▸ **Task brief**
The answer must match the material word for word, with every line included.

++++ Records for processing ++++

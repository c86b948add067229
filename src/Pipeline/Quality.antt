-- ===== src/Pipeline/Quality.antt =====
-- src/acquire_intel/pipeline/quality.py: the three gates, and `QualityGatePipeline`. The two float
-- thresholds are finite: exact fractions with a sign and a positive denominator.
pub mod Laws
use acquire_intel.Prelude.{
  ℕ, ◌+◌, ◌-◌, ◌*◌, Bool, true, false, ◌||◌, ◌&&◌, not, Option, none, some, List, [], ltb,
  if◌then◌else◌, Text, Dict, get,
}
use acquire_intel.Prelude.Ratio.{Ratio, lt_ratio, max_ratio, Signed, positive}
use acquire_intel.Config.{Settings}
use acquire_intel.Storage.Decimal.{Decimal, decimal, zero_amount, lt_decimal, le_decimal, quotient}
use acquire_intel.Storage.Models.{Database}
use acquire_intel.Storage.Observations.{latest_amounts_for_source}
use acquire_intel.Pipeline.Spiders.{
  Spider, source_id_of, is_enabled, QualityIssue, out_of_range, discontinuous, volume_anomaly,
  items_rejected, quality, PipelineStats, inc_stat,
}
use acquire_intel.Pipeline.Normalize.{NormalizedItem}
use acquire_intel.Pipeline.Items.{Item, raw, normalized, other}

pub record GateThresholds : Type 0 where
  pub price_min : Decimal
  pub price_max : Decimal
  pub max_jump_ratio : Signed
  pub volume_tolerance : Signed
  pub volume_min_baseline : ℕ

-- The defaults of the fields.
abbrev pub default_thresholds : GateThresholds
default_thresholds = record {
  price_min = decimal 0 0;
  price_max = decimal 1000000 0;
  max_jump_ratio = positive 10 1;
  volume_tolerance = positive 1 2;
  volume_min_baseline = 5;
}

-- `from_settings`: the prices are carried as strings, which `Decimal` reads back.
abbrev pub from_settings : Settings → GateThresholds
from_settings settings = record {
  price_min = settings.quality_price_min;
  price_max = settings.quality_price_max;
  max_jump_ratio = settings.quality_max_jump_ratio;
  volume_tolerance = settings.quality_volume_tolerance;
  volume_min_baseline = settings.quality_volume_min_baseline;
}

unfoldable pub check_range : Decimal → GateThresholds → Option QualityIssue
check_range amount t =
    if lt_decimal amount t.price_min || lt_decimal t.price_max amount
    then some out_of_range
    else none

-- The larger of the two quotients is compared with the limit.
abbrev pub jump : Decimal → Decimal → Ratio
jump new_amount prev_amount =
    max_ratio (quotient new_amount prev_amount) (quotient prev_amount new_amount)

-- ratio > limit, for a positive ratio.
abbrev pub exceeds : Signed → Ratio → Bool
exceeds limit r = limit.negative || lt_ratio limit.size r

unfoldable pub check_continuity : Decimal → Option Decimal → GateThresholds → Option QualityIssue
check_continuity new_amount none t = none
check_continuity new_amount (some prev_amount) t =
    if le_decimal prev_amount zero_amount || le_decimal new_amount zero_amount
    then none
    else if exceeds t.max_jump_ratio (jump new_amount prev_amount)
    then some discontinuous
    else none

-- count < baseline * (1 - tolerance), both sides times the denominator. Where a tolerance above 1 makes
-- the bound negative in the source it is 0 here: no count is below either.
abbrev pub below_band : ℕ → ℕ → Signed → Bool
below_band count baseline tolerance =
    let den = tolerance.size.den in
    let num = tolerance.size.num in
    if tolerance.negative
    then ltb (count * den) (baseline * (den + num))
    else ltb (count * den) (baseline * (den - num))

-- count > baseline * (1 + tolerance). Every count is above a bound that is negative, as it is for a
-- tolerance below -1 and a baseline that is not 0.
abbrev pub above_band : ℕ → ℕ → Signed → Bool
above_band count baseline tolerance =
    let den = tolerance.size.den in
    let num = tolerance.size.num in
    if tolerance.negative
    then (ltb den num && ltb 0 baseline) || ltb (baseline * (den - num)) (count * den)
    else ltb (baseline * (den + num)) (count * den)

unfoldable pub check_volume : ℕ → Option ℕ → GateThresholds → Option QualityIssue
check_volume count none t = none
check_volume count (some baseline) t =
    if ltb baseline t.volume_min_baseline
    then none
    else if below_band count baseline t.volume_tolerance
        || above_band count baseline t.volume_tolerance
    then some volume_anomaly
    else none

pub record QualityGatePipeline : Type 0 where
  pub enabled : Bool
  pub source_id : Text
  pub thresholds : GateThresholds
  pub prev_prices : Dict Decimal
  pub stats : PipelineStats

unfoldable pub open_spider :
    GateThresholds → PipelineStats → Spider → Database → QualityGatePipeline
open_spider thresholds stats spider db = record {
  enabled = is_enabled spider;
  source_id = source_id_of spider;
  thresholds = thresholds;
  prev_prices =
      if is_enabled spider then latest_amounts_for_source (source_id_of spider) db else [];
  stats = stats;
}

-- `first or second`, of two verdicts.
abbrev pub or_issue : Option QualityIssue → Option QualityIssue → Option QualityIssue
or_issue none second = second
or_issue (some issue) second = some issue

abbrev pub issue_of : QualityGatePipeline → NormalizedItem → Option QualityIssue
issue_of q item =
    or_issue (check_range item.observation.amount q.thresholds)
      (check_continuity item.observation.amount (get q.prev_prices item.product.id) q.thresholds)

-- `none` is DropItem.
abbrev pub judged :
    QualityGatePipeline → NormalizedItem → Option QualityIssue → Option Item × QualityGatePipeline
judged q item none = (some (normalized item), q)
judged q item (some issue) =
    (none, record q { stats = inc_stat (quality issue) (inc_stat items_rejected q.stats) })

unfoldable pub process_item : Item → QualityGatePipeline → Option Item × QualityGatePipeline
unfolding check_range check_continuity
process_item (normalized item) q =
    if q.enabled then judged q item (issue_of q item) else (some (normalized item), q)
process_item item q = (some item, q)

++++

▸ **Solution for this problem**
repository c86b948add067229
filename src/Pipeline/Quality.antt
-- ===== src/Pipeline/Quality.antt =====
-- src/acquire_intel/pipeline/quality.py: the three gates, and `QualityGatePipeline`. The two float
-- thresholds are finite: exact fractions with a sign and a positive denominator.
pub mod Laws
use acquire_intel.Prelude.{
  ℕ, ◌+◌, ◌-◌, ◌*◌, Bool, true, false, ◌||◌, ◌&&◌, not, Option, none, some, List, [], ltb,
  if◌then◌else◌, Text, Dict, get,
}
use acquire_intel.Prelude.Ratio.{Ratio, lt_ratio, max_ratio, Signed, positive}
use acquire_intel.Config.{Settings}
use acquire_intel.Storage.Decimal.{Decimal, decimal, zero_amount, lt_decimal, le_decimal, quotient}
use acquire_intel.Storage.Models.{Database}
use acquire_intel.Storage.Observations.{latest_amounts_for_source}
use acquire_intel.Pipeline.Spiders.{
  Spider, source_id_of, is_enabled, QualityIssue, out_of_range, discontinuous, volume_anomaly,
  items_rejected, quality, PipelineStats, inc_stat,
}
use acquire_intel.Pipeline.Normalize.{NormalizedItem}
use acquire_intel.Pipeline.Items.{Item, raw, normalized, other}

pub record GateThresholds : Type 0 where
  pub price_min : Decimal
  pub price_max : Decimal
  pub max_jump_ratio : Signed
  pub volume_tolerance : Signed
  pub volume_min_baseline : ℕ

-- The defaults of the fields.
abbrev pub default_thresholds : GateThresholds
default_thresholds = record {
  price_min = decimal 0 0;
  price_max = decimal 1000000 0;
  max_jump_ratio = positive 10 1;
  volume_tolerance = positive 1 2;
  volume_min_baseline = 5;
}

-- `from_settings`: the prices are carried as strings, which `Decimal` reads back.
abbrev pub from_settings : Settings → GateThresholds
from_settings settings = record {
  price_min = settings.quality_price_min;
  price_max = settings.quality_price_max;
  max_jump_ratio = settings.quality_max_jump_ratio;
  volume_tolerance = settings.quality_volume_tolerance;
  volume_min_baseline = settings.quality_volume_min_baseline;
}

unfoldable pub check_range : Decimal → GateThresholds → Option QualityIssue
check_range amount t =
    if lt_decimal amount t.price_min || lt_decimal t.price_max amount
    then some out_of_range
    else none

-- The larger of the two quotients is compared with the limit.
abbrev pub jump : Decimal → Decimal → Ratio
jump new_amount prev_amount =
    max_ratio (quotient new_amount prev_amount) (quotient prev_amount new_amount)

-- ratio > limit, for a positive ratio.
abbrev pub exceeds : Signed → Ratio → Bool
exceeds limit r = limit.negative || lt_ratio limit.size r

unfoldable pub check_continuity : Decimal → Option Decimal → GateThresholds → Option QualityIssue
check_continuity new_amount none t = none
check_continuity new_amount (some prev_amount) t =
    if le_decimal prev_amount zero_amount || le_decimal new_amount zero_amount
    then none
    else if exceeds t.max_jump_ratio (jump new_amount prev_amount)
    then some discontinuous
    else none

-- count < baseline * (1 - tolerance), both sides times the denominator. Where a tolerance above 1 makes
-- the bound negative in the source it is 0 here: no count is below either.
abbrev pub below_band : ℕ → ℕ → Signed → Bool
below_band count baseline tolerance =
    let den = tolerance.size.den in
    let num = tolerance.size.num in
    if tolerance.negative
    then ltb (count * den) (baseline * (den + num))
    else ltb (count * den) (baseline * (den - num))

-- count > baseline * (1 + tolerance). Every count is above a bound that is negative, as it is for a
-- tolerance below -1 and a baseline that is not 0.
abbrev pub above_band : ℕ → ℕ → Signed → Bool
above_band count baseline tolerance =
    let den = tolerance.size.den in
    let num = tolerance.size.num in
    if tolerance.negative
    then (ltb den num && ltb 0 baseline) || ltb (baseline * (den - num)) (count * den)
    else ltb (baseline * (den + num)) (count * den)

unfoldable pub check_volume : ℕ → Option ℕ → GateThresholds → Option QualityIssue
check_volume count none t = none
check_volume count (some baseline) t =
    if ltb baseline t.volume_min_baseline
    then none
    else if below_band count baseline t.volume_tolerance
        || above_band count baseline t.volume_tolerance
    then some volume_anomaly
    else none

pub record QualityGatePipeline : Type 0 where
  pub enabled : Bool
  pub source_id : Text
  pub thresholds : GateThresholds
  pub prev_prices : Dict Decimal
  pub stats : PipelineStats

unfoldable pub open_spider :
    GateThresholds → PipelineStats → Spider → Database → QualityGatePipeline
open_spider thresholds stats spider db = record {
  enabled = is_enabled spider;
  source_id = source_id_of spider;
  thresholds = thresholds;
  prev_prices =
      if is_enabled spider then latest_amounts_for_source (source_id_of spider) db else [];
  stats = stats;
}

-- `first or second`, of two verdicts.
abbrev pub or_issue : Option QualityIssue → Option QualityIssue → Option QualityIssue
or_issue none second = second
or_issue (some issue) second = some issue

abbrev pub issue_of : QualityGatePipeline → NormalizedItem → Option QualityIssue
issue_of q item =
    or_issue (check_range item.observation.amount q.thresholds)
      (check_continuity item.observation.amount (get q.prev_prices item.product.id) q.thresholds)

-- `none` is DropItem.
abbrev pub judged :
    QualityGatePipeline → NormalizedItem → Option QualityIssue → Option Item × QualityGatePipeline
judged q item none = (some (normalized item), q)
judged q item (some issue) =
    (none, record q { stats = inc_stat (quality issue) (inc_stat items_rejected q.stats) })

unfoldable pub process_item : Item → QualityGatePipeline → Option Item × QualityGatePipeline
unfolding check_range check_continuity
process_item (normalized item) q =
    if q.enabled then judged q item (issue_of q item) else (some (normalized item), q)
process_item item q = (some item, q)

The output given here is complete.